Tupelo alternative school now private

TUPELO – Tupelo’s alternative school will be run next year by a private educational company that specializes in such learning environments.
The move, approved at Tuesday’s school board meeting, could save the district about half a million dollars and allow it to revamp its alternative program academically.
The move also left about 20 teachers jobless, but there could be openings within the district for those let go.
Students are sent to the alternative school because of behavior violations. About 115 students are now at the Fillmore Center, where the district houses its alternative program.
Tupelo Superintendent Randy Shaver said that by using Ombudsman Educational Services to run the school, students will get more academic attention.
“The other program was not addressing their academic needs,” Shaver said. “It was a place for warehousing bad kids and was very punitive.
“I’m not saying bad kids don’t need to be punished. They do, but it did nothing to help them learn academically.”
With Ombudsman, each student will learn individually using computer programs that begin with what that person was studying at the previous school. Currently, the students are taught together in larger classes.
Ombudsman will house its program at the Fillmore Center and will be in charge of its personnel. Tupelo will still be responsible for meals and maintenance, but Ombudsman will handle everything else, including all of the software that the program requires.
“They are specialists in alternative education,” Shaver said.
The Ombudsman’s program will seat 60 students at a cost of $456,000. It will charge $950 each for additional students, but Shaver said the goal will be to reduce the number of students it sends to the alternative school by working with them before their misbehavior worsens.
This year Tupelo Schools spent $1.04 million on the alternative school.
After Tuesday’s board meeting, Shaver met with the Fillmore Center employees who will lose their jobs because of the switch. That number includes teachers, teachers’ assistants, office staff and counselors.

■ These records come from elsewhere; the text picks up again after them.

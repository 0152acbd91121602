-- ===== src/Tools.antt =====
-- src/cee_core/tools.py: tool contracts, the registry and the tool policy. The registry's dictionary
-- is the list of its values in insertion order, each under its own name. The proofs are in
-- `Registry` and `Rights`.
pub mod Registry
pub mod Rights
use cognitive_execution_engi.Prelude.{
  String, ◌==◌, Bool, true, false, List, [], ◌∷◌, ◌++◌, Option, none, some, ◌<>◌, is_some,
  find_first, if◌then◌else◌,
}
use cognitive_execution_engi.Value.{Value, Entries}
use cognitive_execution_engi.Outcome.{Outcome, ok, raise, value_error}

pub data ToolRisk : Type 0 where
  read write external_side_effect : ToolRisk
  other_risk : String → ToolRisk

pub record ToolSpec (F : Type 0) : Type 0 where
  pub name : String
  pub description : String
  pub risk : ToolRisk
  pub input_schema : Entries F
  pub reversible : Bool
  pub observable_result : Bool
  pub evidence_required : F

-- `ToolSpec.requires_approval`, of the risk
unfoldable pub risk_requires_approval : ToolRisk → Bool
risk_requires_approval write = true
risk_requires_approval external_side_effect = true
risk_requires_approval _ = false

pub record ToolCallSpec (F : Type 0) : Type 0 where
  pub tool_name : String
  pub arguments : Entries F
  pub call_id : String

pub data ToolVerdict : Type 0 where
  allow deny requires_approval : ToolVerdict

pub record ToolPolicyDecision : Type 0 where
  pub verdict : ToolVerdict
  pub reason : String
  pub tool_name : String

-- `ToolPolicyDecision.allowed` and `.blocked`, of the verdict
abbrev pub verdict_allowed : ToolVerdict → Bool
verdict_allowed allow = true
verdict_allowed _ = false

abbrev pub verdict_blocked : ToolVerdict → Bool
verdict_blocked deny = true
verdict_blocked requires_approval = true
verdict_blocked _ = false

unfoldable pub verdict_text : ToolVerdict → String
verdict_text allow = "allow"
verdict_text deny = "deny"
verdict_text requires_approval = "requires_approval"

pub record ToolCallEvent (F : Type 0) : Type 0 where
  pub call : ToolCallSpec F
  pub decision : ToolPolicyDecision
  pub actor : String

pub data ToolStatus : Type 0 where
  succeeded failed : ToolStatus

pub record ToolResultEvent (F : Type 0) : Type 0 where
  pub call_id : String
  pub tool_name : String
  pub status : ToolStatus
  pub result : Value F
  pub error_message : String
  pub actor : String

abbrev pub ToolRegistry : Type 0 → Type 0
ToolRegistry F = List (ToolSpec F)

-- the verdict on a registered tool
unfoldable pub risk_verdict : ToolRisk → ToolVerdict
risk_verdict read = allow
risk_verdict _ = requires_approval

unfoldable pub risk_reason : ToolRisk → String
risk_reason read = "read tool allowed by Stage 1D policy"
risk_reason write = "write tool requires approval"
risk_reason _ = "external side effect tool requires approval"

module _ {F : Type 0} where
  -- `ToolRegistry.get`
  unfoldable pub get : ToolRegistry F → String → Option (ToolSpec F)
  get tools name = find_first (λ t. t.name == name) tools

  -- `ToolRegistry.register`
  unfoldable pub register : ToolRegistry F → ToolSpec F → Outcome (ToolRegistry F)
  register tools tool =
      if is_some (get tools tool.name)
      then raise (value_error ("Tool already registered: " <> tool.name))
      else ok (tools ++ tool ∷ [])

  unfoldable pub policy_of : String → Option (ToolSpec F) → ToolPolicyDecision
  unfolding risk_verdict risk_reason
  policy_of name none = record {
    verdict = deny;
    reason = "unknown tool: " <> name;
    tool_name = name;
  }
  policy_of name (some tool) = record {
    verdict = risk_verdict tool.risk;
    reason = risk_reason tool.risk;
    tool_name = tool.name;
  }

  unfoldable pub evaluate_tool_call_policy : ToolCallSpec F → ToolRegistry F → ToolPolicyDecision
  unfolding policy_of
  evaluate_tool_call_policy call tools = policy_of call.tool_name (get tools call.tool_name)

  unfoldable pub build_tool_call_event : ToolCallSpec F → ToolRegistry F → String → ToolCallEvent F
  build_tool_call_event call tools actor = record {
    call = call;
    decision = evaluate_tool_call_policy call tools;
    actor = actor;
  }
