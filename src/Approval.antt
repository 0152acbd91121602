-- ===== src/Approval.antt =====
-- src/cee_core/approval.py: approval requests and decisions, providers and the gate. A provider may
-- ask a human or call out, so it is an action on a world `W`; ids and times are given by the caller.
-- The interactive provider, which reads a terminal, is not modelled. The proofs are in `Gate`.
pub mod Gate
use cognitive_execution_engi.Prelude.{
  String, Bool, true, false, List, [], ◌∷◌, ◌++◌, Option, none, some, ◌<>◌, truthy, if◌then◌else◌,
}
use cognitive_execution_engi.Exec.{Exec, return, ◌>>=◌}
use cognitive_execution_engi.World.Schema.{RevisionDelta}
use cognitive_execution_engi.Commitment.{CommitmentEvent}
use cognitive_execution_engi.DeltaPolicy.{DeltaPolicyDecision}
use cognitive_execution_engi.Tools.{ToolCallSpec, ToolPolicyDecision, verdict_text}

pub data ApprovalVerdict : Type 0 where
  approved rejected : ApprovalVerdict

pub data ApprovalSource : Type 0 where
  commitment tool_call delta : ApprovalSource

pub record ApprovalRequest (F : Type 0) : Type 0 where
  pub request_id : String
  pub source : ApprovalSource
  pub target_summary : String
  pub reason : String
  pub risk_level : String
  pub commitment : Option (CommitmentEvent F)
  pub tool_call : Option (ToolCallSpec F)
  pub delta : Option (RevisionDelta F)
  pub tool_policy_decision : Option ToolPolicyDecision
  pub delta_policy_decision : Option DeltaPolicyDecision

-- `reason or other`
abbrev or_text : String → String → String
or_text s other = if truthy s then s else other

module _ {F : Type 0} where
  unfoldable pub from_commitment : String → CommitmentEvent F → String → ApprovalRequest F
  from_commitment id event reason = record {
    request_id = id;
    source = ApprovalSource.commitment;
    target_summary = event.intent_summary;
    reason = or_text reason event.intent_summary;
    risk_level = "requires_approval";
    commitment = some event;
    tool_call = none;
    delta = none;
    tool_policy_decision = none;
    delta_policy_decision = none;
  }

  unfoldable pub from_tool_call :
      String → ToolCallSpec F → ToolPolicyDecision → String → ApprovalRequest F
  unfolding verdict_text
  from_tool_call id call decision reason = record {
    request_id = id;
    source = ApprovalSource.tool_call;
    target_summary = "Tool call: " <> call.tool_name;
    reason = or_text reason decision.reason;
    risk_level = verdict_text decision.verdict;
    commitment = none;
    tool_call = some call;
    delta = none;
    tool_policy_decision = some decision;
    delta_policy_decision = none;
  }

  unfoldable pub from_delta :
      String → RevisionDelta F → DeltaPolicyDecision → String → ApprovalRequest F
  from_delta id d decision reason = record {
    request_id = id;
    source = ApprovalSource.delta;
    target_summary = "Delta: " <> d.target_ref;
    reason = or_text reason decision.reason;
    risk_level = if decision.requires_approval then "requires_approval" else "allowed";
    commitment = none;
    tool_call = none;
    delta = some d;
    tool_policy_decision = none;
    delta_policy_decision = some decision;
  }

pub record ApprovalDecision (F : Type 0) : Type 0 where
  pub transition_trace_id : String
  pub verdict : ApprovalVerdict
  pub decided_by : String
  pub reason : String
  pub approval_id : String
  pub decided_at : String
  pub request : Option (ApprovalRequest F)

-- `ApprovalDecision.approved`, of the verdict
abbrev pub is_approved : ApprovalVerdict → Bool
is_approved approved = true
is_approved rejected = false

-- The event that `to_event` makes holds the decision and nothing else.
pub record ApprovalAuditEvent (F : Type 0) : Type 0 where
  pub decision : ApprovalDecision F

abbrev pub to_event : {F : Type 0} → ApprovalDecision F → ApprovalAuditEvent F
to_event d = record { decision = d }

-- the two methods of the protocol
pub record ApprovalProvider (F W : Type 0) : Type 0 where
  pub decide : CommitmentEvent F → Exec W (ApprovalDecision F)
  pub decide_request : ApprovalRequest F → Exec W (ApprovalDecision F)

pub record ApprovalGateResult (F : Type 0) : Type 0 where
  pub approved_transitions : List (CommitmentEvent F)
  pub decisions : List (ApprovalDecision F)
  pub rejected_transitions : List (CommitmentEvent F)

module _ {F : Type 0} where
  -- one more event decided
  abbrev pub record_decision :
      CommitmentEvent F → ApprovalDecision F → ApprovalGateResult F → ApprovalGateResult F
  record_decision event decision result =
      if is_approved decision.verdict
      then record result {
        approved_transitions = event ∷ result.approved_transitions;
        decisions = decision ∷ result.decisions;
      }
      else record result {
        decisions = decision ∷ result.decisions;
        rejected_transitions = event ∷ result.rejected_transitions;
      }

  abbrev pub record_request :
      ApprovalRequest F → ApprovalDecision F → ApprovalGateResult F → ApprovalGateResult F
  record_request request decision result = elim request.commitment [
    | none ↦ record result { decisions = decision ∷ result.decisions }
    | some event ↦ record_decision event decision result
  ]

module _ {F W : Type 0} where
  -- `StaticApprovalProvider`; the ids and the time of its decisions are parameters
  unfoldable pub static_provider :
      ApprovalVerdict
      → String
      → String
      → (request_id approval_id now : String) → ApprovalProvider F W
  unfolding from_commitment
  static_provider verdict by reason request_id approval_id now = record {
    decide = λ event. return (record {
      transition_trace_id = event.event_id;
      verdict = verdict;
      decided_by = by;
      reason = reason;
      approval_id = approval_id;
      decided_at = now;
      request = some (from_commitment request_id event "");
    });
    decide_request = λ request. return (record {
      transition_trace_id = elim request.commitment [
        | none ↦ request.request_id
        | some event ↦ event.event_id
      ];
      verdict = verdict;
      decided_by = by;
      reason = reason;
      approval_id = approval_id;
      decided_at = now;
      request = some request;
    });
  }

  -- one round of the loop, with the rounds that follow; an event that needs no approval is passed
  -- over
  unfoldable pub put_to :
      ApprovalProvider F W
      → CommitmentEvent F
      → Bool
      → Exec W (ApprovalGateResult F)
      → Exec W (ApprovalGateResult F)
  put_to provider event false rest = rest
  put_to provider event true rest = do
    decision ← provider.decide event
    result ← rest
    return (record_decision event decision result)

  -- `ApprovalGate.resolve`: the events that require approval are put to the provider, in order
  unfoldable pub resolve :
      ApprovalProvider F W → List (CommitmentEvent F) → Exec W (ApprovalGateResult F)
  unfolding put_to
  resolve provider [] =
      return (record { approved_transitions = []; decisions = []; rejected_transitions = [] })
  resolve provider (event ∷ events) =
      put_to provider event event.requires_approval (resolve provider events)

  -- `ApprovalGate.resolve_requests`
  unfoldable pub resolve_requests :
      ApprovalProvider F W → List (ApprovalRequest F) → Exec W (ApprovalGateResult F)
  resolve_requests provider [] =
      return (record { approved_transitions = []; decisions = []; rejected_transitions = [] })
  resolve_requests provider (request ∷ requests) = do
    decision ← provider.decide_request request
    result ← resolve_requests provider requests
    return (record_request request decision result)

Those employees will be able to apply for positions with Ombudsman. They’ll also be encouraged to apply for open positions within the district.
Shaver said the district has had 52 vacancies created by retiring staff and that it plans to fill about 22 of those. The others will remain vacated in response to funding cuts.
Tupelo Schools Human Resources Director Jim Turner will meet with the Fillmore Center employees who are losing their jobs to help them apply for other positions within the district, Shaver said.
The district still will provide food service works and custodians for the facility. Fillmore Center Principal Larry Harmon will be transferred within the district, possibly becoming director of special programs.
Ombudsman also operates an alternative school for the Holly Springs School District, Shaver said.